Dictionary contains 4 keys: “attachments” for main message attachments, not including embedded MSG files, “embedded” for attachments representing embedded MSG files, “msg” for all MSG files (including the original in the first index), and “raw_attachments” for raw attachments from signed messages.

extract_msg.utils.unwrapMultipart(mp: bytes | str | Message) → Dict[source]

Unwraps a recursive multipart structure into a dictionary of linear lists.

Similar to unwrapMsg, but for multipart. The dictionary contains 3 keys: “attachments” which contains a list of dicts containing processed attachment data as well as the Message instance associated with it, “plain_body” which contains the plain text body, and “html_body” which contains the HTML body.

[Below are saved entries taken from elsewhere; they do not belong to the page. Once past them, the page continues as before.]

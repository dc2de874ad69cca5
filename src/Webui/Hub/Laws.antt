-- ===== src/Webui/Hub/Laws.antt =====
-- internal/webui/hub.go, Record: what the hub keeps, and what a subscriber gets.
use go_meshtastic_serial2tcp.Prelude.{
  ℕ, zero, suc, ◌+◌, ◌≤◌, ◌<◌, ◌≡◌, refl, sym, ap, ◌∙◌, subst, some, some_inj, List, [], ◌∷◌, ◌++◌,
  append-nil, append_assoc, length, length-append, take, ◌==◌, arith, Bool-cases, inl, inr,
}
use go_meshtastic_serial2tcp.Prelude.Keys.{nat_key}
use go_meshtastic_serial2tcp.Prelude.Assoc.{Assoc, get}
use go_meshtastic_serial2tcp.Webui.Hub.{
  Hub, Event, Chan, max_events, complete_event, record_event, offer_to, offer_all,
}

-- Record, once for each event.
abbrev pub record_all : ℕ → Hub → List Event → Hub
record_all now h [] = h
record_all now h (ev ∷ evs) = record_all now (record_event now h ev) evs

-- The events as they are stored, oldest first.
abbrev pub completed : ℕ → Hub → List Event → List Event
completed now h [] = []
completed now h (ev ∷ evs) = complete_event now h ev ∷ completed now h evs

-- Each event in front of those before it.
abbrev pub newest_first : List Event → List Event → List Event
newest_first [] acc = acc
newest_first (ev ∷ evs) acc = newest_first evs (ev ∷ acc)

take-cons-take :
    {A : Type 0} (n : ℕ) (x : A) (xs : List A) → take n (x ∷ take n xs) ≡ take n (x ∷ xs)
take-cons-take zero x xs = refl
take-cons-take (suc n) x [] = refl
take-cons-take (suc zero) x (y ∷ ys) = refl
take-cons-take (suc (suc n)) x (y ∷ ys) = ap (λ t. x ∷ t) (take-cons-take (suc n) y ys)

take-newest_first-take :
    (n : ℕ) (evs acc : List Event)
    → take n (newest_first evs (take n acc)) ≡ take n (newest_first evs acc)
take-newest_first-take n [] acc = take-take n acc
  where
    take-take : {A : Type 0} (n : ℕ) (xs : List A) → take n (take n xs) ≡ take n xs
    take-take zero xs = refl
    take-take (suc n) [] = refl
    take-take (suc n) (x ∷ xs) = ap (λ t. x ∷ t) (take-take n xs)
take-newest_first-take n (ev ∷ evs) acc =
    sym (take-newest_first-take n evs (ev ∷ take n acc))
    ∙ ap (λ t. take n (newest_first evs t)) (take-cons-take n ev acc)
    ∙ take-newest_first-take n evs (ev ∷ acc)

-- What is stored does not depend on the events before it.
complete-record_event :
    (now : ℕ) (h : Hub) (ev : Event) (evs : List Event)
    → completed now (record_event now h ev) evs ≡ completed now h evs
unfolding complete_event record_event
complete-record_event now h ev [] = refl
complete-record_event now h ev (e ∷ evs) =
    ap (λ t. complete_event now h e ∷ t) (complete-record_event now h ev evs)

take_all : {A : Type 0} (n : ℕ) (xs : List A) → length xs ≤ n → take n xs ≡ xs
take_all zero [] h = refl
take_all zero (x ∷ xs) h = absurd (omega arith)
take_all (suc n) [] h = refl
take_all (suc n) (x ∷ xs) h = ap (λ t. x ∷ t) (take_all n xs (omega arith))

length-take-le : {A : Type 0} (n : ℕ) (xs : List A) → length (take n xs) ≤ n
length-take-le zero xs = omega arith
length-take-le (suc n) [] = omega arith
length-take-le (suc n) (x ∷ xs) = omega (arith, length-take-le n xs)

record_event-events :
    (now : ℕ) (h : Hub) (ev : Event)
    → (record_event now h ev).events ≡ take max_events (complete_event now h ev ∷ h.events)
unfolding record_event
record_event-events now h ev = refl

-- Whatever events are recorded on a hub that has at most 1000: the hub has the newest 1000 of them
-- and of those that it had, in their order, each with the time and the channel name that Record
-- fills in.
pub record_all-events :
    (now : ℕ) (evs : List Event) (h : Hub)
    → length h.events ≤ max_events
    → (record_all now h evs).events ≡ take max_events (newest_first (completed now h evs) h.events)
record_all-events now [] h k = sym (take_all max_events h.events k)
record_all-events now (ev ∷ evs) h k =
    record_all-events now evs (record_event now h ev) (bounded now h ev)
    ∙ ap (λ t. take max_events (newest_first t (record_event now h ev).events))
        (complete-record_event now h ev evs)
    ∙ ap (λ t. take max_events (newest_first (completed now h evs) t))
        (record_event-events now h ev)
    ∙ take-newest_first-take max_events (completed now h evs) (complete_event now h ev ∷ h.events)
  where
    bounded : (now : ℕ) (h : Hub) (ev : Event) → length (record_event now h ev).events ≤ max_events
    bounded now h ev =
        subst (λ t. length t ≤ max_events) (sym (record_event-events now h ev))
          (length-take-le max_events (complete_event now h ev ∷ h.events))

pub get-offer_all :
    (x : Event) (subs : Assoc ℕ (Chan Event)) (id : ℕ) (c : Chan Event)
    → get subs id ≡ some c
    → get (offer_all x subs) id ≡ some (offer_to x c)
unfolding get
get-offer_all x [] id c h = absurd cc
get-offer_all x ((j, d) ∷ subs) id c h = elim (Bool-cases (j == id)) [
  | inl e ↦ rw e (ap (λ t. some (offer_to x t)) (some_inj (rw e at h)))
  | inr e ↦ rw e (get-offer_all x subs id c (rw e at h))
]

abbrev filled : Chan Event → List Event → Chan Event
filled c xs = record c { buffer = c.buffer ++ xs }

room :
    (x : Event) (c : Chan Event) → length c.buffer < c.capacity → offer_to x c ≡ filled c (x ∷ [])
room x c h = ground arith

-- A subscriber whose channel has room for all of them gets every event, once, in the order in which
-- they are recorded.
pub record_all-subscribers :
    (now : ℕ) (evs : List Event) (h : Hub) (id : ℕ) (c : Chan Event)
    → get h.subscribers id ≡ some c
    → length c.buffer + length evs ≤ c.capacity
    → get (record_all now h evs).subscribers id
      ≡ some (record c { buffer = c.buffer ++ completed now h evs })
unfolding record_event
record_all-subscribers now [] h id c e k =
    e ∙ ap (λ t. some (record c { buffer = t })) (sym (append-nil c.buffer))
record_all-subscribers now (ev ∷ evs) h id c e k =
    let x = complete_event now h ev in
    record_all-subscribers now evs (record_event now h ev) id (filled c (x ∷ []))
      (get-offer_all x h.subscribers id c e ∙ ap some (room x c (omega arith)))
      (omega (arith, length-append c.buffer (x ∷ [])))
    ∙ ap (λ t. some (record c { buffer = t }))
        (append_assoc c.buffer (x ∷ []) _
          ∙ ap (λ t. c.buffer ++ (x ∷ t)) (complete-record_event now h ev evs))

For clarification, each instance of processed attachment data is a dict with keys identical to the args used for the SignedAttachment constructor. This makes it easy to expand for use in constructing a SignedAttachment. The only argument missing is “msg” to ensure this function will not require one.

Parameters:: mp – The bytes that make up a multipart, the string that makes up a multipart, or a Message instance from the email module created from the multipart data to unwrap. If providing a Message instance, prefer it to be an instance of EmailMessage. If you are doing so, make sure it’s policy is default.

extract_msg.utils.validateHtml(html: bytes) → bool[source]

Checks whether the HTML is considered valid.

To be valid, the HTML must, at minimum, contain an <html> tag, a <body> tag, and closing tags for each.

extract_msg.utils.verifyPropertyId(id: str) → None[source]

Determines whether a property ID is valid for certain functions.

Property IDs MUST be a 4 digit hexadecimal string. Property is valid if no exception is raised.

Raises:: InvalidPropertyIdError – The ID is not a 4 digit hexadecimal number.

extract_msg.utils.verifyType(_type: str | None) → None[source]

Verifies that the type is valid.

Raises an exception if it is not.

Raises:: UnknownTypeError – The type is not recognized.